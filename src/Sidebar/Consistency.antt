-- ===== src/Sidebar/Consistency.antt =====
-- Consistent sessions (Rooms/Service/Consistent) under the removals of sidebar_domain_service.rs.
pub mod Pending
pub mod Joins
pub mod Extending
pub mod Destroyed
pub mod Calls
use prose_core_client.Base.{
  ℕ, Option, none, some, List, [], ◌∷◌, true, false, arith, inl, inr, Bool-cases, Option-cases,
}
use prose_core_client.Shared.Ids.{BareJid, MucId, RoomId, OccupantId, room_bare_jid, room_muc_id}
use prose_core_client.Events.Dispatcher.{RoomType}
use prose_core_client.Rooms.RoomModels.{Bookmark, RoomState, RoomSidebarState}
use prose_core_client.Rooms.ConnectedRooms.{get, get_all, delete_all}
use prose_core_client.Rooms.Room.{
  Room, room_id, Session, details_of, dispatch, set_state, set_sidebar_state, occupant_id,
}
use prose_core_client.Rooms.Service.{change}
use prose_core_client.Rooms.Service.Reconnect.{reconnect_room_if_needed}
use prose_core_client.Rooms.Service.Consistent.{
  Consistent, Keeps, Keeping, continue-Consistent, match-Consistent, or_else-Consistent,
}
use prose_core_client.Rooms.Service.Consistent.Steps.{forget_room-Consistent}
use prose_core_client.Rooms.Service.Consistent.Reconnecting.{reconnect_room_if_needed-Consistent}
use prose_core_client.Sidebar.{
  SidebarServices, send, sidebar_changed, bookmark_of, save_bookmark_for_room, delete_bookmark,
  try_get_room, try_get_room,
}
use prose_core_client.Sidebar.Calls.{SidebarCall, call, run_calls}
use prose_core_client.Rooms.RoomError.{is_gone_err}
use prose_core_client.Rooms.Service.Connecting.{forget_room}
use prose_core_client.Sidebar.Removal.{
  exit_or_fail, exit_all, handle_remote_purge, clear_cache, exit_if_muc, forget_if_connected,
  leave_channel, disconnect_of_type, disconnect_and_delete_room, hide, forget_of_type, remove_item,
  remove_loop, remove_items, removed_loop, handle_removed_items,
}
use prose_core_client.Sidebar.Favorites.{
  save_and_notify, apply_toggle, toggle_item_is_favorite, forget_item, destroy_connected,
  destroy_room,
}
use prose_core_client.Sidebar.Disconnect.{
  disconnect_all, handle_disconnect, room_state_beq, notify_unless_same, ping, ping_all,
  handle_ping_timer_event,
}

-- What the services and the events that arrive in the meantime may do to the session
pub record SidebarKeeping (c : SidebarServices) : Type 0 where
  pub rooms : Keeping c.rooms
  pub exit_room : (id : OccupantId) → Keeps (c.rooms.exit_room id)
  pub save : (bookmark : Bookmark) → Keeps (c.save bookmark)
  pub load_bookmarks : Keeps c.load_bookmarks
  pub remove : (id : BareJid) → Keeps (c.remove id)

pub cleared-Consistent : (s : Session) → Consistent (record s { connected = [] })
unfolding get
cleared-Consistent s = record {
  key = λ id r e. ground (arith, e);
  allocated = λ id r e. ground (arith, e);
  apart = λ id other r r' e e' same. ground (arith, e);
}

module _ (c : SidebarServices) (keep : SidebarKeeping c) where
  pub save_bookmark-Consistent : (room : Room) → Keeps (save_bookmark_for_room c room)
  unfolding save_bookmark_for_room send
  save_bookmark-Consistent room s h = elim (Option-cases (bookmark_of c room s)) [
    | inl out ↦ rw (save_bookmark_for_room, out) h
    | inr (bookmark, there) ↦
        rw (save_bookmark_for_room, there) (or_else-Consistent tt _ (keep.save bookmark _ h))
  ]

  pub delete_bookmark-Consistent : (id : BareJid) → Keeps (delete_bookmark c id)
  unfolding delete_bookmark send
  delete_bookmark-Consistent id s h = or_else-Consistent tt _ (keep.remove id _ h)

  exit_if_muc-Consistent : (id : Option OccupantId) → Keeps (exit_if_muc c id)
  exit_if_muc-Consistent none s h = h
  exit_if_muc-Consistent (some id) s h =
      or_else-Consistent tt (c.rooms.exit_room id s) (keep.exit_room id s h)

  forget_if_connected-Consistent : (id : BareJid) → Keeps (forget_if_connected c id)
  unfolding forget_if_connected
  forget_if_connected-Consistent id s h =
      match-Consistent (c.rooms.connected_account s) _ _ (keep.rooms.connected_account s h)
        (λ account. forget_room-Consistent id) (λ e s1 h1. h1)

  leave_channel-Consistent : (room : Room) → Keeps (leave_channel c room)
  unfolding leave_channel
  leave_channel-Consistent room s h =
      continue-Consistent (forget_if_connected c (room_bare_jid (room_id room)) s) _
        (forget_if_connected-Consistent (room_bare_jid (room_id room)) s h)
        (λ u. exit_if_muc-Consistent (occupant_id room.info))

  disconnect_of_type-Consistent :
      (type : RoomType) (room : Room) → Keeps (disconnect_of_type c type room)
  unfolding disconnect_of_type set_sidebar_state
  disconnect_of_type-Consistent RoomType.unknown room s h = h
  disconnect_of_type-Consistent RoomType.direct_message room s h =
      forget_if_connected-Consistent (room_bare_jid (room_id room)) s h
  disconnect_of_type-Consistent RoomType.group room s h = h
  disconnect_of_type-Consistent RoomType.private_channel room s h =
      leave_channel-Consistent room s h
  disconnect_of_type-Consistent RoomType.public_channel room s h = leave_channel-Consistent room s h
  disconnect_of_type-Consistent RoomType.generic room s h = leave_channel-Consistent room s h

  hide-Consistent : (room : Room) → Keeps (hide c room)
  unfolding hide set_sidebar_state
  hide-Consistent room s h =
      save_bookmark-Consistent room (set_sidebar_state room RoomSidebarState.not_in_sidebar s) h

  forget_of_type-Consistent :
      (type : RoomType) (id : RoomId) (room : Room) → Keeps (forget_of_type c type id room)
  unfolding forget_of_type
  forget_of_type-Consistent RoomType.unknown id room s h = h
  forget_of_type-Consistent RoomType.group id room s h = hide-Consistent room s h
  forget_of_type-Consistent RoomType.private_channel id room s h = hide-Consistent room s h
  forget_of_type-Consistent RoomType.direct_message id room s h =
      delete_bookmark-Consistent (room_bare_jid id) s h
  forget_of_type-Consistent RoomType.public_channel id room s h =
      delete_bookmark-Consistent (room_bare_jid id) s h
  forget_of_type-Consistent RoomType.generic id room s h =
      delete_bookmark-Consistent (room_bare_jid id) s h

  pub remove_loop-Consistent : (ids : List RoomId) → Keeps (remove_loop c ids)
  unfolding remove_loop remove_item disconnect_and_delete_room sidebar_changed dispatch
  remove_loop-Consistent [] s h = h
  remove_loop-Consistent (id ∷ ids) s h =
      elim (Option-cases (get room_id (room_bare_jid id) s.connected)) [
        | inl out ↦ rw (remove_loop, out) h
        | inr (room, there) ↦
            rw (remove_loop, there)
              (continue-Consistent (remove_item c id room s) (λ u. remove_loop c ids)
                (continue-Consistent (disconnect_of_type c room.info.type room s)
                  (λ u. forget_of_type c room.info.type id room)
                  (disconnect_of_type-Consistent room.info.type room s h)
                  (λ u. forget_of_type-Consistent room.info.type id room))
                (λ u. remove_loop-Consistent ids))
      ]

  pub removed_loop-Consistent : (ids : List BareJid) → Keeps (removed_loop c ids)
  unfolding removed_loop disconnect_and_delete_room sidebar_changed dispatch
  removed_loop-Consistent [] s h = h
  removed_loop-Consistent (id ∷ ids) s h = elim (Option-cases (get room_id id s.connected)) [
    | inl out ↦ rw (removed_loop, out) (removed_loop-Consistent ids s h)
    | inr (room, there) ↦
        rw (removed_loop, there)
          (continue-Consistent (disconnect_of_type c room.info.type room s)
            (λ u. removed_loop c ids) (disconnect_of_type-Consistent room.info.type room s h)
            (λ u. removed_loop-Consistent ids))
  ]

  exit_or_fail-Consistent : (id : Option OccupantId) → Keeps (exit_or_fail c id)
  unfolding exit_or_fail
  exit_or_fail-Consistent none s h = h
  exit_or_fail-Consistent (some id) s h = keep.exit_room id s h

  pub exit_all-Consistent : (rooms : List Room) → Keeps (exit_all c rooms)
  unfolding exit_all sidebar_changed dispatch
  exit_all-Consistent [] s h = h
  exit_all-Consistent (room ∷ rooms) s h =
      continue-Consistent (exit_or_fail c (occupant_id room.info) s) _
        (exit_or_fail-Consistent (occupant_id room.info) s h) (λ u. exit_all-Consistent rooms)

  pub try_get_room-Consistent : (id : BareJid) → Keeps (try_get_room c id)
  unfolding try_get_room
  try_get_room-Consistent id s h =
      continue-Consistent (c.rooms.connected_account s) _ (keep.rooms.connected_account s h)
        (λ account s1 h1. elim (Option-cases (get room_id id s1.connected)) [
          | inl out ↦ rw (out) h1
          | inr (room, there) ↦ rw (there) h1
        ])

################

- [ASSIGNMENT] Beginning at the line with "apart = λ id" and ending at the line with "unfolding save_bookmark_for_room send", reproduce each line of the data above exactly, and add no other lines.

- [FINISHED EXERCISE]
  apart = λ id other r r' e e' same. ground (arith, e);
}

module _ (c : SidebarServices) (keep : SidebarKeeping c) where
  pub save_bookmark-Consistent : (room : Room) → Keeps (save_bookmark_for_room c room)
  unfolding save_bookmark_for_room send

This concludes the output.